Monday, October 9, 2017

Dracula (1979)

Year 9, Day 282 - 10/9/17 -  Movie #2,747

BEFORE: I'm done with another Comic-Con, at least this one was in New York and I didn't have to travel - but now I'm exhausted and I have a cold and I just want to sleep through all of Columbus Day.  But with a little help from DayQuil and Mountain Dew I can stay up for a movie (after a little nap, of course) and thus stay on track.

I've got one more Dracula film tomorrow, made in 1970.  This one was released in 1979, so I'm not going chronologically - but the 1970 film links to the next block, so it's got to come last.  Anyway that puts this one next to the more famous 1931 film with Bela Lugosi, and both films were based on the stage version of "Dracula" rather than from the novel, so this should make for a logical side-by-side comparison.


THE PLOT: In 1913 the charming, seductive and sinister vampire Count Dracula travels to England in search of an immortal bride.

AFTER: While it's definitely the same plot as the 1931 film - Dracula hires a ship to take him and his many coffins to the U.K. - there are still some notable differences.  For example, this film starts out on that ship, with Drac's voyage already in progress.  Why waste time dicking around with exposition in his Transylvanian castle when we can get right to the action and the imminent threat of a vampire heading for a crowded, industrialized nation?  The Count can catch up with Jonathan Harker in England when he moves into Carfax Abbey, the prime real estate that comes with its own cobwebs, so he should feel right at home.

This moves Renfield back to being introduced later in the story, just like in the novel.  But he still ends up in the asylum that's run by Dr. Seward.  Only here Dr. Seward is Lucy's father (in the book she's Lucy Westenra, which was always an odd last name, I thought) and to further simplify things, Mina Murray (later Mina Harker in most versions) becomes Van Helsing's daughter for this film.  You have to remember that the 1931 film was made during very cheaply during the Depression, and there was also a notable recession during the 1970's, so it seems that the production company tried to save some money here by reducing the number of last names.  For a story that only had about a dozen characters to begin with, they whittled the story down here to just about 7 or 8 major roles.
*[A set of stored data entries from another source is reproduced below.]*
-- ===== src/Api/Secrets.antt =====
-- translateSecretLikedModelsToSecrets and translateSecretsToSecretLikedResources: certificates and
-- registries are secrets of a volume.
use baetyl_cloud.Common.{
  String, Bool, true, false, Option, none, some, List, [], ◌∷◌, ◌++◌, map, ◌==◌, if◌then◌else◌,
}
use baetyl_cloud.Common.Action.{
  Error, coded, resource_not_found, Result, ok, err, panicked, Action, pure, raise, lift, ◌>>=◌,
  attempt,
}
use baetyl_cloud.Common.Dict.{lookup}
use baetyl_cloud.Spec.{ObjectReference}
use baetyl_cloud.Api.{
  Volume, VolumeView, RegistryView, SecretInfo, Application, ApplicationView, AppServices,
}

-- The volumes of an application beside their views, where each certificate becomes a secret.
unfoldable pub set_secrets : List VolumeView → List Volume → Result (List Volume)
set_secrets [] ws = ok ws
set_secrets (v ∷ vs) [] = elim v.certificate [ none ↦ set_secrets vs [] | some c ↦ panicked ]
set_secrets (v ∷ vs) (w ∷ ws) =
    let first : Volume = elim v.certificate [
      | none ↦ w
      | some c ↦ record w { secret = some (record { name = c.name; version = "" }) }
    ] in
    elim (set_secrets vs ws) [ ok rest ↦ ok (first ∷ rest) | err e ↦ err e | panicked ↦ panicked ]

abbrev registry_volume : RegistryView → Volume
registry_volume r = record {
  name = r.name;
  host_path = none;
  config = none;
  secret = some (record { name = r.name; version = "" });
  empty_dir = none;
}

-- translateSecretLikedModelsToSecrets
unfoldable pub translate_secret_liked_models_to_secrets :
    {S : Type 0} → ApplicationView → Application → Action S Application
translate_secret_liked_models_to_secrets view app = do
  volumes ← lift (set_secrets view.volumes app.volumes)
  pure (record app { volumes = volumes ++ map registry_volume view.registries })

-- An error with the code of a missing resource.
abbrev pub has_not_found_code : Error → Bool
has_not_found_code (coded resource_not_found fields) = true
has_not_found_code e = false

abbrev pub is_label : Option String → String → Bool
is_label none v = false
is_label (some w) v = w == v

abbrev certificate_of : VolumeView → ObjectReference → VolumeView
certificate_of v r = record {
  name = v.name;
  host_path = none;
  config = none;
  secret = none;
  empty_dir = none;
  certificate = some r;
}

module _ {S : Type 0} (api : AppServices S) where
  -- A volume with a secret that was found, before the volumes and registries that follow.
  abbrev placed :
      VolumeView
      → ObjectReference
      → SecretInfo
      → List VolumeView × List RegistryView
      → List VolumeView × List RegistryView
  placed v r secret rest =
      let label : Option String = lookup api.secret_label secret.labels in
      if is_label label api.secret_registry
      then (rest.0, secret.registry ∷ rest.1)
      else if is_label label api.secret_certificate
      then (certificate_of v r ∷ rest.0, rest.1)
      else (v ∷ rest.0, rest.1)

  -- The loop of translateSecretsToSecretLikedResources.
  unfoldable pub split_volumes :
      List VolumeView → String → Action S (List VolumeView × List RegistryView)
  split_volumes [] ns = pure ([], [])
  split_volumes (v ∷ vs) ns =
      let rest : Action S (List VolumeView × List RegistryView) = split_volumes vs ns in
      elim v.secret [
        | none ↦ rest >>= λ r. pure (v ∷ r.0, r.1)
        | some ref ↦
            attempt (api.secret_get ns ref.name)
              (λ secret. rest >>= λ r. pure (placed v ref secret r))
              (λ e. if has_not_found_code e then rest else raise e)
      ]

  -- translateSecretsToSecretLikedResources
  unfoldable pub translate_secrets_to_secret_liked_resources :
      ApplicationView → Action S ApplicationView
  translate_secrets_to_secret_liked_resources view = do
    made ← split_volumes view.volumes view.namespace
    pure (record view { volumes = made.0; registries = made.1 })
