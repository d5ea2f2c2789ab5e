-- ===== src/Http/Server.antt =====
-- http/httpServer.h and httpServer.cpp: what the server does with the bytes of a connection.
-- The user's callback is a parameter; `answers` are what `write` answers, for the refusal and for
-- the response.
pub mod Sending
pub mod Reply
pub mod Setup
use tcp_net_library.Base.{
  ℕ, Bool, true, false, not, ◌&&◌, ◌||◌, List, [], ◌∷◌, ◌++◌, if◌then◌else◌, Result, ok, fault,
  ◌>>=◌,
}
use tcp_net_library.Buffer.{Buffer, init}
use tcp_net_library.Http.Text.{codes, str_eq}
use tcp_net_library.Http.Request.{HttpRequest, Version, http10, get_header}
use tcp_net_library.Http.Context.{HttpContext, got_all?, reset, parse_request}
use tcp_net_library.Http.Response.{
  HttpResponse, not_found404, new_response, set_status_code, set_status_message,
  set_close_connection, append_to_buffer, crlf,
}
use tcp_net_library.Net.Connection.{TcpConnection, Effect, WriteResult, send, send_buffer, shutdown}

abbrev pub HttpCallback : Type 0
HttpCallback = HttpRequest → HttpResponse → HttpResponse

abbrev pub default_http_callback : HttpCallback
default_http_callback req resp =
    set_close_connection
      (set_status_message (set_status_code resp not_found404) (codes "Not Found")) true

abbrev pub Served : Type 0
Served = Result (TcpConnection × List Effect)

-- Where a step ends, the connection may be shut down.
unfoldable pub then_shutdown : ℕ → Bool → TcpConnection → List Effect → Served
then_shutdown caller close conn es =
    if close then (shutdown caller conn >>= λ s. ok (s.0, es ++ s.1)) else ok (conn, es)

abbrev pub is_http10 : Version → Bool
is_http10 http10 = true
is_http10 _ = false

-- Whether the request asks for the connection to be closed.
abbrev pub wants_close : HttpRequest → Bool
wants_close req =
    let connection = get_header req (codes "Connection") in
    str_eq connection (codes "close")
    || is_http10 req.version && not (str_eq connection (codes "Keep-Alive"))

abbrev pub response_to : HttpCallback → HttpRequest → HttpResponse
response_to callback req = callback req (new_response (wants_close req))

unfoldable pub on_request : ℕ → HttpCallback → TcpConnection → HttpRequest → WriteResult → Served
on_request caller callback conn req answer =
    let response = response_to callback req in
    init >>= λ b. append_to_buffer response b >>= λ buf. send_buffer caller conn buf answer >>= λ r.
    then_shutdown caller response.close_connection r.1 r.2

abbrev pub bad_request : List ℕ
bad_request = codes "HTTP/1.1 400 Bad Request" ++ (crlf ++ crlf)

-- The answer to bytes that are no request.
unfoldable pub refuse : ℕ → Bool → TcpConnection → WriteResult → Served
refuse caller success conn answer =
    if success
    then ok (conn, [])
    else (send caller conn bad_request answer >>= λ r. then_shutdown caller true r.0 r.1)

unfoldable pub answer_request :
    ℕ
    → HttpCallback
    → TcpConnection
    → HttpContext
    → List Effect
    → WriteResult
    → Result (TcpConnection × HttpContext × List Effect)
answer_request caller callback conn context es answer =
    if got_all? context
    then (on_request caller callback conn context.request answer >>= λ r.
        ok (r.0, reset context, es ++ r.1))
    else ok (conn, context, es)

-- The context stands in the connection, the bytes in its input buffer.
unfoldable pub on_message :
    ℕ
    → HttpCallback
    → TcpConnection
    → HttpContext
    → ℕ
    → WriteResult × WriteResult
    → Result (TcpConnection × HttpContext × List Effect)
on_message caller callback conn context time answers =
    parse_request context conn.input time >>= λ p.
    refuse caller p.0 (record conn { input = p.2 }) answers.0 >>= λ r.
    answer_request caller callback r.0 p.1 r.1 answers.1
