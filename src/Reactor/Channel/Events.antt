-- ===== src/Reactor/Channel/Events.antt =====
-- channel.cpp: the masks of events.
use tcp_net_library.Base.{ℕ, ◌≡◌, refl, true, false, bit_or, bit_and}
use tcp_net_library.Reactor.Channel.{
  Channel, has, read_event, write_event, is_writing, enable_reading, enable_writing,
  disable_writing,
}

-- Nothing, reading, writing, or both.
pub data IsEvents : ℕ → Type 0 where
  nothing : IsEvents 0
  reading : IsEvents 3
  writing : IsEvents 4
  both : IsEvents 7

abbrev clear_write : ℕ → ℕ
clear_write n = bit_and n 0xfffffffb

or_read-IsEvents : (n : ℕ) → IsEvents n → IsEvents (bit_or n read_event)
or_read-IsEvents _ nothing = reading
or_read-IsEvents _ reading = reading
or_read-IsEvents _ writing = both
or_read-IsEvents _ both = both

pub or_write-IsEvents : (n : ℕ) → IsEvents n → IsEvents (bit_or n write_event)
or_write-IsEvents _ nothing = writing
or_write-IsEvents _ reading = both
or_write-IsEvents _ writing = writing
or_write-IsEvents _ both = both

pub clear_write-IsEvents : (n : ℕ) → IsEvents n → IsEvents (clear_write n)
clear_write-IsEvents _ nothing = nothing
clear_write-IsEvents _ reading = reading
clear_write-IsEvents _ writing = nothing
clear_write-IsEvents _ both = reading

pub has-or_write : (n : ℕ) → IsEvents n → has (bit_or n write_event) write_event ≡ true
has-or_write _ nothing = refl
has-or_write _ reading = refl
has-or_write _ writing = refl
has-or_write _ both = refl

pub has-clear_write : (n : ℕ) → IsEvents n → has (clear_write n) write_event ≡ false
has-clear_write _ nothing = refl
has-clear_write _ reading = refl
has-clear_write _ writing = refl
has-clear_write _ both = refl

keep_read :
    (n : ℕ)
    → IsEvents n
    → (has (bit_or n write_event) read_event ≡ has n read_event)
      × (has (clear_write n) read_event ≡ has n read_event)
keep_read _ nothing = (refl, refl)
keep_read _ reading = (refl, refl)
keep_read _ writing = (refl, refl)
keep_read _ both = (refl, refl)

-- On the events that a channel can have, `enableWriting` and `disableWriting` switch writing on and
-- off, keep whether the channel reads, and lead to such events again.
pub writing_lem :
    (c : Channel)
    → IsEvents c.event
    → (is_writing (enable_writing c) ≡ true)
      × (is_writing (disable_writing c) ≡ false)
      × (has (enable_writing c).event read_event ≡ has c.event read_event)
      × (has (disable_writing c).event read_event ≡ has c.event read_event)
      × IsEvents (enable_writing c).event
      × IsEvents (disable_writing c).event
      × IsEvents (enable_reading c).event
writing_lem c h = (
  has-or_write c.event h,
  has-clear_write c.event h,
  (keep_read c.event h).0,
  (keep_read c.event h).1,
  or_write-IsEvents c.event h,
  clear_write-IsEvents c.event h,
  or_read-IsEvents c.event h,
)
This does give both Dr. Seward and Prof. Van Helsing good reason to take an active role in battling Count Dracula - because their daughters are not safe when there's a horny vampire on the prowl.  And even if they can't save their daughter's lives, they can at least save their souls with a stake through the heart.  But in most of the versions I've seen so far, Lucy is Dracula's first victim and Mina is romantically involved with Jonathan Harker, but they flipped the script here and made Mina the first woman Dracula attacks, and Lucy Seward is engaged to Jonathan.  I'm not sure why this changed, maybe some focus group responded better to the name Lucy, so they gave her the bigger role?

I'm also a little disappointed that they chose to set the action in 1913, where the 1931 film seemed to be set in the present - at least the scenes in London depicted a modern city of the 1930's.  When I imagined the type of Dracula film that could be made in the late 1970's, I pictured Dracula grooving down a NYC sidewalk, like John Travolta in "Saturday Night Fever" - it's not a big leap from that cape he wears to a disco outfit from that time.  (And this film was directed by John Badham, who also directed "Saturday Night Fever"...)

But it's good to see that production values and special effects were much better in this later remake, at least compared with that 1931 version.  Unfortunately a fake flying bat still looks like a fake flying bat, but at least there's some gore when Dracula bites a neck or tears open a throat, where the Bela Lugosi film had all that take place just out of shot.  And it looked like they shot the sailing scenes on a real working ship, and not just a set.

Starring Frank Langella (last heard in "The Prophet"), Laurence Olivier (last seen in "A Bridge Too Far"), Donald Pleasance (last seen in "Shadows and Fog"), Kate Nelligan (ditto), Trevor Eve, Jan Francis, Tony Haygarth, Teddy Turner.